Required action.
Check each line of the records for "ClusterImageExport"; collect those that have it.

Dataset records
────────────────────────────────────────

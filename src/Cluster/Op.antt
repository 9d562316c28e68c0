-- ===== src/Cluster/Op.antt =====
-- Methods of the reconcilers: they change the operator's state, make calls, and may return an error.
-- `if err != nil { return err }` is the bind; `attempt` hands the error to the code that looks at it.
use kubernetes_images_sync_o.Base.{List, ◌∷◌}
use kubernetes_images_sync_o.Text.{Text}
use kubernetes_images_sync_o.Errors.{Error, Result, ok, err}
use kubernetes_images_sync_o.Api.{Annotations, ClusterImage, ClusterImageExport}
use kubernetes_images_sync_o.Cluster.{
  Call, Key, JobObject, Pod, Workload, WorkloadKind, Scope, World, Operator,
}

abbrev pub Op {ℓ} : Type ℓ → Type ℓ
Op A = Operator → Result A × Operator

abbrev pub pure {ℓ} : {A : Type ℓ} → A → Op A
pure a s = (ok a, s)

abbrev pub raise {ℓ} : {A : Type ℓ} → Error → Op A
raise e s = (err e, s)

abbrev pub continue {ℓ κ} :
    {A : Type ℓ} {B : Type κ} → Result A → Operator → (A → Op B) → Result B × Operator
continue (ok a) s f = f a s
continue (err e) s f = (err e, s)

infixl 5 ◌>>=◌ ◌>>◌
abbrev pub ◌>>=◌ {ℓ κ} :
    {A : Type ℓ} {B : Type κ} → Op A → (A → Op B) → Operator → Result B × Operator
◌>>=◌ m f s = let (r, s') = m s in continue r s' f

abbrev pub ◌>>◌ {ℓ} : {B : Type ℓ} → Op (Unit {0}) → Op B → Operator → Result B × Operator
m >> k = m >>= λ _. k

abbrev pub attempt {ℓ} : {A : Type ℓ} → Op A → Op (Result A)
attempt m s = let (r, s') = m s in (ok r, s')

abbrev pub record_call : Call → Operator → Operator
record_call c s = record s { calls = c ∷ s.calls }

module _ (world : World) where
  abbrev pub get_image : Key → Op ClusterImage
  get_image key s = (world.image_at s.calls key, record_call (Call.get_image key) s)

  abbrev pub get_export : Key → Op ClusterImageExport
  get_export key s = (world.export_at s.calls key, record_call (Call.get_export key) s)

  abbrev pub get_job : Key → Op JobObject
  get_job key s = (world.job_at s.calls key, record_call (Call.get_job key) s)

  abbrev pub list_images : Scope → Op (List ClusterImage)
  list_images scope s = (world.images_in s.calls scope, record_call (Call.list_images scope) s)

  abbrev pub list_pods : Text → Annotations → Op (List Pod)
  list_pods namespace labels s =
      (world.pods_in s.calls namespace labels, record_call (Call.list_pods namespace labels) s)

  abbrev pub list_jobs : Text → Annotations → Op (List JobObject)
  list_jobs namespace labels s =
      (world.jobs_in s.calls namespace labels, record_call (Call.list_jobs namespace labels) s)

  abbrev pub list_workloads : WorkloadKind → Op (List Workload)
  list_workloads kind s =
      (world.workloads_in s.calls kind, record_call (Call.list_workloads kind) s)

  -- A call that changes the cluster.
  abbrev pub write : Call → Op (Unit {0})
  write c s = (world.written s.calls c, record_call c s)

────────────────────────────────────────

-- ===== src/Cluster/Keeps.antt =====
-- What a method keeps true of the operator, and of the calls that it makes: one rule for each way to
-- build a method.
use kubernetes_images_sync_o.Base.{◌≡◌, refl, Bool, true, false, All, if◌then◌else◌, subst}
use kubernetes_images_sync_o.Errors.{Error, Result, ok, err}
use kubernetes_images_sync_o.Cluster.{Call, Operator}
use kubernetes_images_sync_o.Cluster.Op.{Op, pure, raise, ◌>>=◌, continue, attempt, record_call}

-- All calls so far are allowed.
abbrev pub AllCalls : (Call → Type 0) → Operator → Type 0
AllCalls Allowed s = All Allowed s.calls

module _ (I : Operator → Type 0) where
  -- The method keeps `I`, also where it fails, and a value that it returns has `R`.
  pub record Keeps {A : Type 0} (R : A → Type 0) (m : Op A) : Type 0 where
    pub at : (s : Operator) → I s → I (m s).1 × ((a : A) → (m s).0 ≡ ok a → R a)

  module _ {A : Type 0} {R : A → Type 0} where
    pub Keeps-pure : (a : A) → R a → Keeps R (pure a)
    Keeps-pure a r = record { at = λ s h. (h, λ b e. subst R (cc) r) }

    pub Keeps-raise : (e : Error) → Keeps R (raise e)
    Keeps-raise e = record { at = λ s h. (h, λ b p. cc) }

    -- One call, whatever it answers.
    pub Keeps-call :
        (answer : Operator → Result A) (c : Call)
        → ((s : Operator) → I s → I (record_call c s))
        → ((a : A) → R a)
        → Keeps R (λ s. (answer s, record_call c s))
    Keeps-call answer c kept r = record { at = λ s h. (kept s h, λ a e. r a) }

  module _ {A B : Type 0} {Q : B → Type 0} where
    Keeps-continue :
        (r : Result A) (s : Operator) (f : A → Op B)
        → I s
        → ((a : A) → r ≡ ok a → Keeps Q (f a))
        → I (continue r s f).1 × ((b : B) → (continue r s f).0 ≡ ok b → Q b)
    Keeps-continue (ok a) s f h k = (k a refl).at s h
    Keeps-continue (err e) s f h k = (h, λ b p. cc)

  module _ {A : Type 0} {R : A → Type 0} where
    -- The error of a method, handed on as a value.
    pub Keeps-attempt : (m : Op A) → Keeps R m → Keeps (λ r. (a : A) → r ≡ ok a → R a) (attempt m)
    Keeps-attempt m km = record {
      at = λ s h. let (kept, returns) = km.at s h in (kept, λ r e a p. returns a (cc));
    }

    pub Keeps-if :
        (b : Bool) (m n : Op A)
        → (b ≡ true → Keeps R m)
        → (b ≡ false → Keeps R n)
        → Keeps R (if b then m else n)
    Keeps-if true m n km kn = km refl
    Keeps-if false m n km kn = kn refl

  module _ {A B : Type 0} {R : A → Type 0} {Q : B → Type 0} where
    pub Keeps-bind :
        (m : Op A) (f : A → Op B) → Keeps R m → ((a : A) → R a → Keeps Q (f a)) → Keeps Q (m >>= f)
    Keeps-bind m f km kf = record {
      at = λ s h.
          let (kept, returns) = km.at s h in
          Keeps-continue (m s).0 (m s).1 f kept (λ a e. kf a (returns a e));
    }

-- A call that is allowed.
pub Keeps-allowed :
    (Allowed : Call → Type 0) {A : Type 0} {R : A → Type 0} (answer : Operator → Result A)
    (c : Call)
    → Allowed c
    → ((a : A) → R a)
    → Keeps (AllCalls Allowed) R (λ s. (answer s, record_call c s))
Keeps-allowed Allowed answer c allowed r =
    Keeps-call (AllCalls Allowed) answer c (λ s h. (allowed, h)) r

────────────────────────────────────────

Written answer.
use kubernetes_images_sync_o.Api.{Annotations, ClusterImage, ClusterImageExport}
  abbrev pub get_export : Key → Op ClusterImageExport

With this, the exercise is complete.